I couldn't say what went wrong with your conversion to 3d. However you could use an sDNA hybrid metric based on CYCLE_ROUNDTRIP and adapt it to estimate link slope from its endpoint elevations.

The default CYCLE_ROUNDTRIP metric is printed to sDNA's output when you run it:

lineformula=_a=0.2,_s=2,_t=0.04,_slope = hg/FULLeuc*100,_slopefac = _slope<2?1:(_slope<4?1.371:(_slope<6?2.203:4.239)),_slopeb = hl/FULLeuc*100,_slopefacb = _slopeb<2?1:(_slopeb<4?1.371:(_slopeb<6?2.203:4.239)),_trafficfac = 0.84*exp(aadt/1000), euc* (_slopefac^_s + _slopefacb^_s) * (_trafficfac^_t) + _a*67.2/90*ang*2;juncformula=0.2*67.2/90*ang*2

The above makes use of sDNA builtin variables hg (height gain) and hl (height loss). Note that hg and hl do not assume the link has even slope - they accumulate total height gain and loss over the link such that gains and losses do not cancel. However the CYCLE_ROUNDTRIP formula does use them in a way that assumes even slope.

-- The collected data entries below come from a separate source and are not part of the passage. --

-- ===== src/Mcp/Admission/Bound.antt =====
-- mcp_admission.py: what an admitted request is bound to.
use responsibility_pathway_r.Prelude.{
  is_blank, String, Bool, true, false, not, ◌||◌, ◌≡◌, ◌⊎◌, inl, inr, refl, sym, ap, ◌∙◌, subst,
  Option, none, some, eq_iff, arith, Bool-cases,
}
use responsibility_pathway_r.Errors.{Result, ok, err, ensure, bind-ok, ensure-ok, ok-injective}
use responsibility_pathway_r.Value.{Value, Items, Fields, str, dict, nil, cons, get, item, truthy}
use responsibility_pathway_r.Execution.{ExecutionRequest, check_request}
use responsibility_pathway_r.Env.{Env}
use responsibility_pathway_r.JsonIdentity.{strict_identity}
use responsibility_pathway_r.JsonIdentity.Exact.{IsStrictJson, strict_identity_iff}
use responsibility_pathway_r.Mcp.Json.{
  mcp_admission_error, strict_plain, canonical, strict_document,
}
use responsibility_pathway_r.Mcp.Json.Exact.{renamed, strict_plain-identity}
use responsibility_pathway_r.Mcp.Admission.{
  ToolSnapshot, mapping_of, is_text, find_version, versions_of, version_of, check_version,
  admitted_request, admit,
}

mapping_of-dict : (v : Value) (fs : Fields) → mapping_of v ≡ ok fs → v ≡ dict fs
unfolding mapping_of
mapping_of-dict v fs h = ground arith

renamed-ok : {A : Type 0} (r : Result A) {a : A} → renamed r ≡ ok a → r ≡ ok a
renamed-ok (ok b) h = h
renamed-ok (err e) h = absurd (ground arith)

-- A document that is accepted comes back as it is, and is strict JSON.
pub strict_document-same :
    (env : Env) (v w : Value) (bytes : String)
    → strict_document env v ≡ ok (w, bytes)
    → (w ≡ v) × IsStrictJson v
unfolding strict_document
strict_document-same env v w bytes h =
    let (p, plain, h1) = bind-ok (strict_plain v) _ h in
    let (c, _, h2) = bind-ok (canonical env p) _ h1 in
    let (same, json) =
      (strict_identity_iff v p).0
        (renamed-ok (strict_identity v) (rw (← strict_plain-identity v) plain)) in
    (sym (ap (λ (r : Value × String). r.0) (ok-injective (p, c) (w, bytes) h2)) ∙ same, json)

-- What the contract must say of a version for it to be admitted.
pub record Allows (contract : Fields) (experimental : Bool) (protocol_version : String)
    : Type 0 where
  pub version : Fields
  pub listed : version_of contract protocol_version ≡ ok version
  pub is_version : get "protocol_version" version ≡ some (str protocol_version)
  pub enabled :
      (experimental ≡ true)
      ⊎ ((get "lifecycle" version ≡ some (str "stable"))
          × ((flag : Value) × (get "requires_experimental_flag" version ≡ some flag)
              × (truthy flag ≡ false)))

is_text-str : (t : String) (v : Option Value) → is_text t v ≡ true → v ≡ some (str t)
unfolding is_text
is_text-str t none h = absurd (ground arith)
is_text-str t (some (str s)) h = ap (λ k. some (str k)) ((eq_iff s t).0 h)
is_text-str t (some _) h = absurd (ground arith)

find_version-is :
    (protocol_version : String) (vs : Items) (version : Fields)
    → find_version protocol_version vs ≡ ok version
    → get "protocol_version" version ≡ some (str protocol_version)
unfolding find_version
find_version-is pv nil version h = absurd (ground arith)
find_version-is pv (cons (dict w) vs) version h =
    elim (Bool-cases (is_text pv (get "protocol_version" w))) [
      | inl is ↦
          subst (λ u. get "protocol_version" u ≡ some (str pv))
            (ok-injective w version (rw is at h)) (is_text-str pv _ is)
      | inr other ↦ find_version-is pv vs version (rw other at h)
    ]
find_version-is pv (cons _ vs) version h = absurd (ground arith)

item-get : (k : String) (fs : Fields) (v : Value) → item k fs ≡ ok v → get k fs ≡ some v
unfolding item
item-get k fs v h = ground arith

check_version-enabled :
    (experimental : Bool) (version : Fields) (u : Unit {0})
    → check_version experimental version ≡ ok u
    → (experimental ≡ true)
      ⊎ ((get "lifecycle" version ≡ some (str "stable"))
          × ((flag : Value) × (get "requires_experimental_flag" version ≡ some flag)
              × (truthy flag ≡ false)))
unfolding check_version
check_version-enabled true version u h = inl refl
check_version-enabled false version u h =
    let (flag, has_flag, h1) = bind-ok (item "requires_experimental_flag" version) _ h in
    let (_, unflagged, h2) =
      bind-ok (ensure (not (truthy flag) || false) mcp_admission_error) _ h1 in
    let (lifecycle, has_lifecycle, h3) = bind-ok (item "lifecycle" version) _ h2 in
    inr (
      item-get "lifecycle" version lifecycle has_lifecycle
          ∙ is_text-str "stable" (some lifecycle) (
              ground (
                arith,
                ensure-ok (is_text "stable" (some lifecycle) || false) mcp_admission_error h3,
              )),
      (
        flag,
        item-get "requires_experimental_flag" version flag has_flag,
        ground (arith, ensure-ok (not (truthy flag) || false) mcp_admission_error unflagged),
      ),
    )

version_of-Allows :
    (contract : Fields) (experimental : Bool) (pv : String) (version : Fields) (u : Unit {0})
    → version_of contract pv ≡ ok version
    → check_version experimental version ≡ ok u
    → Allows contract experimental pv
unfolding version_of
version_of-Allows contract experimental pv version u h k =
    let (vs, _, found) = bind-ok (versions_of (get "versions" contract)) _ h in
    record {
      version = version;
      listed = h;
      is_version = find_version-is pv vs version found;
      enabled = check_version-enabled experimental version u k;
    }

check_request-same : (p q : ExecutionRequest) → check_request p ≡ ok q → q ≡ p
unfolding check_request
check_request-same p q h =
    elim (Bool-cases (
      is_blank p.operation_id
      || is_blank p.attempt_id
      || is_blank p.idempotency_key
      || is_blank p.action)) [
        | inl blank ↦ absurd (ground arith)
        | inr given ↦ sym (ok-injective p q (rw given at h))
      ]

-- The arguments of an admitted call are an object.
pub admit-object :
    (env : Env) (contract : Fields) (experimental : Bool) (s : ToolSnapshot)
    (operation_id attempt_id idempotency_key : String) (arguments : Value) (q : ExecutionRequest)
    → admit env contract experimental s operation_id attempt_id idempotency_key arguments ≡ ok q
    → (fs : Fields) × (arguments ≡ dict fs)
      × (bytes : String) × (strict_document env arguments ≡ ok (arguments, bytes))
unfolding admit
admit-object env contract experimental s op attempt key arguments q h =
    let (version, found, h1) = bind-ok (version_of contract s.protocol_version) _ h in
    let (u, allowed, h2) = bind-ok (check_version experimental version) _ h1 in
    let (fs, object, h3) = bind-ok (mapping_of arguments) _ h2 in
    let ((w, bytes), document, h4) = bind-ok (strict_document env arguments) _ h3 in
    let (same, json) = strict_document-same env arguments w bytes document in
    (
      fs,
      mapping_of-dict arguments fs object,
      bytes,
      subst (λ v. strict_document env arguments ≡ ok (v, bytes)) same document,
    )

-- If the adapter admits a call, then its contract allows the version of the snapshot (it lists it, and
-- the adapter is experimental or the version is stable and needs no flag), the arguments are strict
-- JSON, and the request is the one with the identities that were given, the binding of the snapshot
-- and the arguments as they are.
pub admit-Bound :
    (env : Env) (contract : Fields) (experimental : Bool) (s : ToolSnapshot)
    (operation_id attempt_id idempotency_key : String) (arguments : Value) (q : ExecutionRequest)
    → admit env contract experimental s operation_id attempt_id idempotency_key arguments ≡ ok q
    → Allows contract experimental s.protocol_version
      × IsStrictJson arguments
      × (q ≡ admitted_request s operation_id attempt_id idempotency_key arguments)
unfolding admit
admit-Bound env contract experimental s op attempt key arguments q h =
    let (version, found, h1) = bind-ok (version_of contract s.protocol_version) _ h in
    let (u, allowed, h2) = bind-ok (check_version experimental version) _ h1 in
    let (fs, _, h3) = bind-ok (mapping_of arguments) _ h2 in
    let ((w, bytes), document, h4) = bind-ok (strict_document env arguments) _ h3 in
    let (same, json) = strict_document-same env arguments w bytes document in
    (
      version_of-Allows contract experimental s.protocol_version version u found allowed,
      json,
      check_request-same (admitted_request s op attempt key w) q h4
          ∙ ap (admitted_request s op attempt key) same,
    )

In the example below I replace them with user defined temporary variables (which must start with underscore, otherwise sDNA will go looking for them in the input data) _hg and _hl

Note also that the above formula isn't applied to a whole link at once. It is applied at most to half a link (in discrete space mode) or smaller fractions thereof (in continuous space mode). So to compute mean slope for the link we compute elevation change between its endpoints and divide by the full network-Euclidean length of the link FULLeuc:

_slope = _hg/FULLeuc*100

where _hg was computed from your endpoint data TO_Z, FROM_Z as follows


(fwd tells us whether this link is being traversed forwards, hence which way round FROM and TO should be; we then set any negative elevation change to 0 to get height gain _hg).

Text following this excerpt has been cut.